名称实体识别在Python中无法正确识别多个单词_Python_Python 3.x_Nlp_Nltk

名称实体识别在Python中无法正确识别多个单词

python python-3.x nlp

名称实体识别在Python中无法正确识别多个单词,python,python-3.x,nlp,nltk,Python,Python 3.x,Nlp,Nltk,因此，我尝试在Python中使用NLTK来执行名称实体识别任务。然而，这并不能完成我希望它完成的工作我有一个如下的输入文件 magic johnson is the owner of l.a. lakers. ceo kevin johnson citing issues related to covid 19 as the reason for the deal’s termination. susan somersille johnson went to school to be an e

因此，我尝试在Python中使用NLTK来执行名称实体识别任务。
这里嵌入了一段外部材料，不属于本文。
-- ===== src/Formatter/Pure.antt =====
-- The functions of src/common/tools/formatter.py only compute.
use fastapi_claude_template.Prelude.{
  ℕ, zero, suc, Bool, true, false, if◌then◌else◌, String, Char, refl, Option, none, some, List, [],
  ◌∷◌, Dict, lookup, ◌<>◌,
}
use fastapi_claude_template.Errors.{external, value_error}
use fastapi_claude_template.Exec.{Exec, raise, try_except}
use fastapi_claude_template.Exec.Pure.{IsPure, pure-IsPure, raise-IsPure, bind-IsPure}
use fastapi_claude_template.Formatter.{
  Piece, literal, field, Objects, extract_keys_formatter, parse, names_or_raise, get_value,
  get_field, follow_rest, format_field, parsed_or_raise, format_pieces, format_depth, format,
  is_number, item, on_key_error, split_name,
}

module _ {S : Type 0} where
  pub extract_keys_formatter-IsPure : (t : String) → IsPure {S = S} (extract_keys_formatter t)
  unfolding extract_keys_formatter
  extract_keys_formatter-IsPure t = elim (parse t) as (λ o. IsPure {S = S} (names_or_raise o)) [
    | none ↦ raise-IsPure (value_error "format")
    | some ps ↦ record { result = _; same = λ s. refl }
  ]

module _ {V : Type 0} (objects : Objects V) {S : Type 0} where
  caught-IsPure :
      (key : String) (b : Bool) (o : Option V)
      → IsPure {S = S} (
          try_except
            (if b then raise (external "IndexError") else item objects o)
            (on_key_error objects key))
  caught-IsPure key true o = record { result = _; same = λ s. refl }
  caught-IsPure key false none = record { result = _; same = λ s. refl }
  caught-IsPure key false (some v) = record { result = _; same = λ s. refl }

  get_value-IsPure : (key : String) (d : Dict V) → IsPure {S = S} (get_value objects key d)
  unfolding get_value
  get_value-IsPure key d = caught-IsPure key (is_number key) (lookup key d)

  follow_rest-IsPure : (t : String) (v : V) → IsPure {S = S} (follow_rest objects t v)
  follow_rest-IsPure String.[] v = pure-IsPure v
  follow_rest-IsPure (String.◌∷◌ c t) v = record { result = _; same = λ s. refl }

  get_field-IsPure : (n : String) (d : Dict V) → IsPure {S = S} (get_field objects n d)
  unfolding get_field
  get_field-IsPure n d =
      bind-IsPure (get_value-IsPure (split_name n).0 d) (follow_rest-IsPure (split_name n).1)

  format_field-IsPure :
      (k : Option Char) (t : String) (v : V) → IsPure {S = S} (format_field objects k t v)
  format_field-IsPure none String.[] v = record { result = _; same = λ s. refl }
  format_field-IsPure none (String.◌∷◌ c t) v = record { result = _; same = λ s. refl }
  format_field-IsPure (some k) t v = record { result = _; same = λ s. refl }

  parsed_or_raise-IsPure : (o : Option (List Piece)) → IsPure {S = S} (parsed_or_raise objects o)
  parsed_or_raise-IsPure none = raise-IsPure (value_error "format")
  parsed_or_raise-IsPure (some ps) = pure-IsPure ps

  format_pieces-IsPure :
      (inner : String → Exec S String) (d : Dict V)
      → ((t : String) → IsPure (inner t))
      → (ps : List Piece) → IsPure {S = S} (format_pieces objects inner d ps)
  unfolding format_pieces
  format_pieces-IsPure inner d p [] = pure-IsPure ""
  format_pieces-IsPure inner d p (literal t ∷ ps) =
      bind-IsPure (format_pieces-IsPure inner d p ps) (λ rest. pure-IsPure (t <> rest))
  format_pieces-IsPure inner d p (field n k t ∷ ps) = bind-IsPure (get_field-IsPure n d) (λ obj.
      bind-IsPure (p t) (λ t'. bind-IsPure (format_field-IsPure k t' obj) (λ text.
        bind-IsPure (format_pieces-IsPure inner d p ps) (λ rest. pure-IsPure (text <> rest)))))

  format_depth-IsPure :
      (depth : ℕ) (d : Dict V) (t : String) → IsPure {S = S} (format_depth objects depth d t)
  unfolding format_depth
  format_depth-IsPure zero d t = raise-IsPure (value_error "Max string recursion exceeded")
  format_depth-IsPure (suc depth) d t =
      bind-IsPure (parsed_or_raise-IsPure (parse t))
        (format_pieces-IsPure (format_depth objects depth d) d (format_depth-IsPure depth d))

  pub format-IsPure : (t : String) (d : Dict V) → IsPure {S = S} (format objects t d)
  unfolding format
  format-IsPure t d = format_depth-IsPure 3 d t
然而，这并不能完成我希望它完成的工作

我有一个如下的输入文件

magic johnson is the owner of l.a. lakers.
ceo kevin johnson citing issues related to covid 19 as the reason for the deal’s termination.
susan somersille johnson went to school to be an engineer, yet somehow managed to carve out a nearly 30 year career in marketing.

我现在的代码是

import nltk
import re

sentence = ""

with open("test.txt", "r") as inFile:
    sentence = inFile.read()

for sent in nltk.sent_tokenize(sentence):
    for chunk in nltk.ne_chunk(nltk.pos_tag(nltk.word_tokenize(sent))):
        if hasattr(chunk, 'label'):
            print(chunk.label(), ' '.join(c[0] for c in chunk))

然而，这只是错误地承认了名称、组织和产出

ORGANIZATION l.a.

为什么这样不行？我怎样才能做到这一点

我的预期输出是这样的

magic johnson
l.a. lakers
Kevin johnson
etc.

你如何定义“工作”？你期望它在这里做什么？如果在调用

hasattr

之前打印各个块，您将看到它正确识别了句子的所有名词、动词和其他部分。NLTK是一个极其复杂的工具。我想你还有更多的阅读要做。@TimRoberts我的意思是，我需要输出来捕捉名字和其他名字，比如“魔术师约翰逊”和“洛杉矶湖人队”等等。但这里没有。@TimRoberts，正如你提到的。如果你这样看输出，它会给你

（'magic'，'JJ'）

和

（'johnson'，'NN'）

。你告诉它把文本分成单词。如果您希望它将单词分组成更大的名称，则必须使用不同类型的标记化。浏览NLTK手册。它有很多子模块，可以进行很多不同类型的语义分析。